My partner and I have been together for over 2 years having left our previous marriages (it was her second marriage). I moved in with her and her 3 children, leaving my x-wife and 2 children (aged 14 & 18) after 21 years of marriage.

We have gone through some difficult times with both x partners trying their hardest to split us up but have survived the worst, or so I thought.

2 weeks ago we had a row regarding my commitment to the relationship. My children and my parents have not accepted my split from my x-wife (we are not divorced yet) and have refused to meet my new partner and this has now caused problems in my new relationship.

My new partner and her children mean everything to me and I love her with all of my heart and she knows that. But she has asked for me to give her time and space to get her head straight. I have had to move out and I am living with my parents, some 30 miles away. My parents have seen what effect this has had on me and accept that they are partly to blame. They have agreed to meet my partner and I have told her this.

I have found it difficult to give her the space as I love her so much and have sent her flowers and text messages to tell her how much I love her and miss her and I have told her that I am fully committed to our relationship whatever the cost, but I seem to be making it worse.

What makes it worse is that over the last 2 weeks she has been in contact with her husband (who lives only 2 miles away) and they have talked about what went wrong with their relationship and he has been supporting her during the last 2 weeks. Over the last two years he has been abusive and threatening and has upset my partner on a number of occasions. He filed for divorce 4 weeks ago on the grounds of being apart for 2 years and the papers have gone to court. He has a girlfriend, but he lives with his parents.

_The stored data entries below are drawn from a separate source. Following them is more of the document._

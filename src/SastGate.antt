-- ===== src/SastGate.antt =====
-- security/sast/gate.mjs: the gate on the findings of CodeQL, from SARIF files with the fields that
-- the code reads; a field that is not there is `none`.
pub mod Laws
mod Tests
use platform_engineering_lab.Prelude.{
  ℕ, ◌+◌, String, Bool, true, false, List, [], ◌∷◌, ◌++◌, Option, none, some, Result, ok, throw,
  ◌==◌, if◌then◌else◌, ◌>>=◌, length, eqb,
}

-- JavaScript's numbers as the gate uses them: Number(text), NaN, Number.isFinite and `<`.
pub record Numbers : Type 1 where
  pub Number : Type 0
  pub of_text : String → Number
  pub nan : Number
  pub is_finite : Number → Bool
  pub less : Number → Number → Bool

-- A rule with its properties['security-severity'].
pub record Rule : Type 0 where
  pub id : Option String
  pub security_severity : Option String

-- `suppressions` counts them; `rule_ref` is rule.id.
pub record Finding : Type 0 where
  pub suppressions : ℕ
  pub rule_id : Option String
  pub rule_ref : Option String
  pub uri : Option String
  pub start_line : Option ℕ
  pub message : Option String

-- The rules of tool.driver and of each of tool.extensions, and the results.
pub record Run : Type 0 where
  pub driver : List Rule
  pub extensions : List (List Rule)
  pub results : List Finding

abbrev pub Sarif : Type 0
Sarif = Option (List Run)

abbrev pub same_id : Option String → Option String → Bool
same_id none none = true
same_id none (some b) = false
same_id (some a) none = false
same_id (some a) (some b) = a == b

abbrev pub join : List (List Rule) → List Rule
join [] = []
join (rs ∷ rss) = rs ++ join rss

-- rules.get(id): the rule that was set last.
unfoldable pub rule_of : Option String → List Rule → Option Rule
rule_of id [] = none
rule_of id (r ∷ rs) =
    let later = rule_of id rs in
    elim later [ some found ↦ some found | none ↦ if same_id r.id id then some r else none ]

-- res.ruleId ?? res.rule?.id
abbrev pub id_of : Finding → Option String
id_of f = elim (f.rule_id) [ some id ↦ some id | none ↦ f.rule_ref ]

abbrev pub severity_text : Option Rule → Option String
severity_text none = none
severity_text (some r) = r.security_severity

abbrev pub exit_of : Result String ℕ → ℕ
exit_of (throw message) = 1
exit_of (ok failed) = if eqb failed 0 then 0 else 1

module _ (numbers : Numbers) where
  -- Number(…) of a text that may be missing
  abbrev pub number : Option String → numbers.Number
  number none = numbers.nan
  number (some s) = numbers.of_text s

  abbrev pub score : List Rule → Finding → numbers.Number
  score rules f = number (severity_text (rule_of (id_of f) rules))

  pub record Blocking : Type 0 where
    pub finding : Finding
    pub score : numbers.Number

  -- One round of the inner loop.
  unfoldable pub is_blocking : numbers.Number → List Rule → Finding → Bool
  is_blocking threshold rules f =
      if eqb f.suppressions 0
      then if numbers.is_finite (score rules f)
        then if numbers.less (score rules f) threshold then false else true
        else false
      else false

  unfoldable pub blocking_in : numbers.Number → List Rule → List Finding → List Blocking
  blocking_in threshold rules [] = []
  blocking_in threshold rules (f ∷ fs) =
      let rest = blocking_in threshold rules fs in
      if is_blocking threshold rules f
      then record { finding = f; score = score rules f } ∷ rest
      else rest

  abbrev pub rules_of : Run → List Rule
  rules_of run = join (run.driver ∷ run.extensions)

  unfoldable pub blocking_runs : numbers.Number → List Run → List Blocking
  blocking_runs threshold [] = []
  blocking_runs threshold (run ∷ runs) =
      blocking_in threshold (rules_of run) run.results ++ blocking_runs threshold runs

  unfoldable pub blocking_findings : Sarif → numbers.Number → List Blocking
  blocking_findings none threshold = []
  blocking_findings (some runs) threshold = blocking_runs threshold runs

  -- The loop over the files: how many findings block, or the error of a file that cannot be read.
  unfoldable pub count_failed :
      (String → Result String Sarif) → numbers.Number → List String → Result String ℕ
  count_failed read threshold [] = ok 0
  count_failed read threshold (file ∷ files) = do
    sarif ← read file
    rest ← count_failed read threshold files
    ok (length (blocking_findings sarif threshold) + rest)

  -- CODEQL_FAIL_SEVERITY ?? 7.0
  abbrev pub threshold_of : Option String → numbers.Number
  threshold_of none = numbers.of_text "7.0"
  threshold_of (some s) = numbers.of_text s

  -- The exit code, with the `catch` around main.
  unfoldable pub gate : (String → Result String Sarif) → Option String → List String → ℕ
  gate read severity [] = 1
  gate read severity (file ∷ files) =
      exit_of (count_failed read (threshold_of severity) (file ∷ files))
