-- ===== src/Storage/Tests.antt =====
-- Two blocks in the store, and small logs.
use zeno_final_code.Common.{ℕ, ◌≡◌, none, List, [], ◌∷◌, ◌++◌, arith, if◌then◌else◌, ltb}
use zeno_final_code.TreeMap
use zeno_final_code.TreeMap.{nat_key}
use zeno_final_code.Types.{Block}
use zeno_final_code.Consensus.{ConsensusWalEntry}
use zeno_final_code.Storage.{
  FinalizedBlock, Store, empty_store, atomic_commit_block, prune_blocks_below, get_block_by_height,
  RocksWal, empty_wal, append_rocks, load_rocks, compact_rocks,
}
use zeno_final_code.Storage.Blocks.{IsIndexed, atomic_commit_block_lem, prune_blocks_below_lem}
use zeno_final_code.Storage.Wal.{IsWal, numbered, load_rocks-append_rocks, compact_rocks-late}

abbrev block : ℕ → Block
block height = record {
  header = record {
    height = height;
    round = 0;
    chain_id = "zeno";
    parent_hash = 0;
    tx_root = 0;
    state_root = 0;
    receipt_root = 0;
    proposer = 1;
    timestamp_ms = 5;
  };
  transactions = [];
  proposer_public_key = [];
  proposer_signature = [];
}

abbrev finalized : ℕ → FinalizedBlock
finalized height = record {
  block = block height;
  certificate = record { block_hash = height; height = height; round = 0; votes = [] };
  receipts = [];
  epoch_transition = none;
}

abbrev height_hash : Block → ℕ
height_hash b = b.header.height

empty-IsIndexed : IsIndexed height_hash empty_store
unfolding TreeMap.get
empty-IsIndexed = λ h b e. ground arith

abbrev two_blocks : Store
two_blocks =
    atomic_commit_block height_hash (finalized 2) []
      (atomic_commit_block height_hash (finalized 1) [] empty_store)

two_blocks-IsIndexed : IsIndexed height_hash two_blocks
two_blocks-IsIndexed =
    (atomic_commit_block_lem height_hash (λ x y e. e) (finalized 2) []
      (atomic_commit_block height_hash (finalized 1) [] empty_store)
      (atomic_commit_block_lem height_hash (λ x y e. e) (finalized 1) [] empty_store
        empty-IsIndexed).0).0

prune_blocks_below_lem_example :
    let after = (prune_blocks_below height_hash 2 two_blocks).1 in
    IsIndexed height_hash after
    × ((h : ℕ)
        → get_block_by_height h after
          ≡ (if ltb h 2 then none else get_block_by_height h two_blocks))
prune_blocks_below_lem_example =
    prune_blocks_below_lem height_hash (λ x y e. e) 2 two_blocks two_blocks-IsIndexed

abbrev log : List ConsensusWalEntry
log =
    ConsensusWalEntry.round_advanced 1 1
    ∷ ConsensusWalEntry.height_advanced 2
    ∷ ConsensusWalEntry.round_advanced 2 1
    ∷ []

load_rocks-append_rocks_example :
    (load_rocks (append_rocks (ConsensusWalEntry.height_advanced 2) empty_wal)
      ≡ load_rocks empty_wal ++ ConsensusWalEntry.height_advanced 2 ∷ [])
    × IsWal (append_rocks (ConsensusWalEntry.height_advanced 2) empty_wal)
load_rocks-append_rocks_example =
    load_rocks-append_rocks (ConsensusWalEntry.height_advanced 2) empty_wal tt (omega arith)

-- Three entries are left after ten are gone: none of them goes, and all three are reported.
compact_rocks-late_example :
    let wal : RocksWal = record { entries = numbered 10 log; next_index = 13 } in
    (compact_rocks 9 wal).1 ≡ wal
compact_rocks-late_example = compact_rocks-late 9 10 log (omega arith)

My partner has said that she wants time to get her head straight and after talking to her husband she feels guilty for all the hurt that she caused him and has thought about making it up to him as she feels that he has changed. He says that he doesn’t want her back as he doesn’t want to get hurt again and is in a new relationship. But he is also playing on her vunerable state and giving her mixed messages. Only 3 weeks ago he was threatening not paying maintenance and splitting her children up but now he is saying all the right things as I know that he still loves her. He has texted her and e-mailed her all through the time we have been together.

Although she wants space from me, she is still allowing her husband contact while she gets her head straight.

I just don’t know what to do. She has told me not to give up on her but has demanded the space and time to find the part of her that’s missing but all the time I keep thinking that she is trying to resolve things with her husband, keeping me hanging on if it fails. She knows how I feel and desperately want to be back in her life but I just don’t know what to do or how long I should give her. Help!!


----------



## JustCallMeGirl (May 17, 2010)

Unfortunately this is the type of thing that can happen when a new relationship starts before a marriage is dissolved. Her husband, if he is/was in fact abusive, is doing what abusers do and that is manipulate her in whatever way possible to have that control over her whether he really wants her back or not (I'm learning this now in my own life). As difficult as it may be for you, you have to give her this space and time. You've told her how you feel now give her what she's asking otherwise it's just added pressure and it could push her away. She has to fully address things with her husband and resolve the issues there whether they actually divorce or not anyway. This is really the only way she can be fully healthy emotionally to have a healthy relationship with you. It would not be a good idea for her to be with you and then always ask herself what-if's in regards to her current marriage. She has to be over the guilt, pain, etc. In the meanwhile, you should focus on you and what is best for you outside of her. You don't have any control over her choices but you do have control over what you do for yourself.


----------



## ODR (Jul 15, 2010)

JustCallMeGirl said:


> Unfortunately this is the type of thing that can happen when a new relationship starts before a marriage is dissolved. Her husband, if he is/was in fact abusive, is doing what abusers do and that is manipulate her in whatever way possible to have that control over her whether he really wants her back or not (I'm learning this now in my own life). As difficult as it may be for you, you have to give her this space and time. You've told her how you feel now give her what she's asking otherwise it's just added pressure and it could push her away. She has to fully address things with her husband and resolve the issues there whether they actually divorce or not anyway. This is really the only way she can be fully healthy emotionally to have a healthy relationship with you. It would not be a good idea for her to be with you and then always ask herself what-if's in regards to her current marriage. She has to be over the guilt, pain, etc. In the meanwhile, you should focus on you and what is best for you outside of her. You don't have any control over her choices but you do have control over what you do for yourself.



I really appreciate you taking the time to answer me and thank you for the kind advice.

I want to show her that I still love her and have realised that the only way I can do this is to go along with her request to give her space. I feel so lonely though, but have to be strong and not text her.

At the moment I cant think of not having her in my life, but as you say I have to think that if the pull to her husband is so strong then better to know now as our relationship wouldn’t have survived.

I just wish that somebody could tell her that she should have time away from both of us as he is certainly making the most of our situations and pushing all the right buttons, and remember all of the reasons why we got together in the first place.

Fingers crossed


----------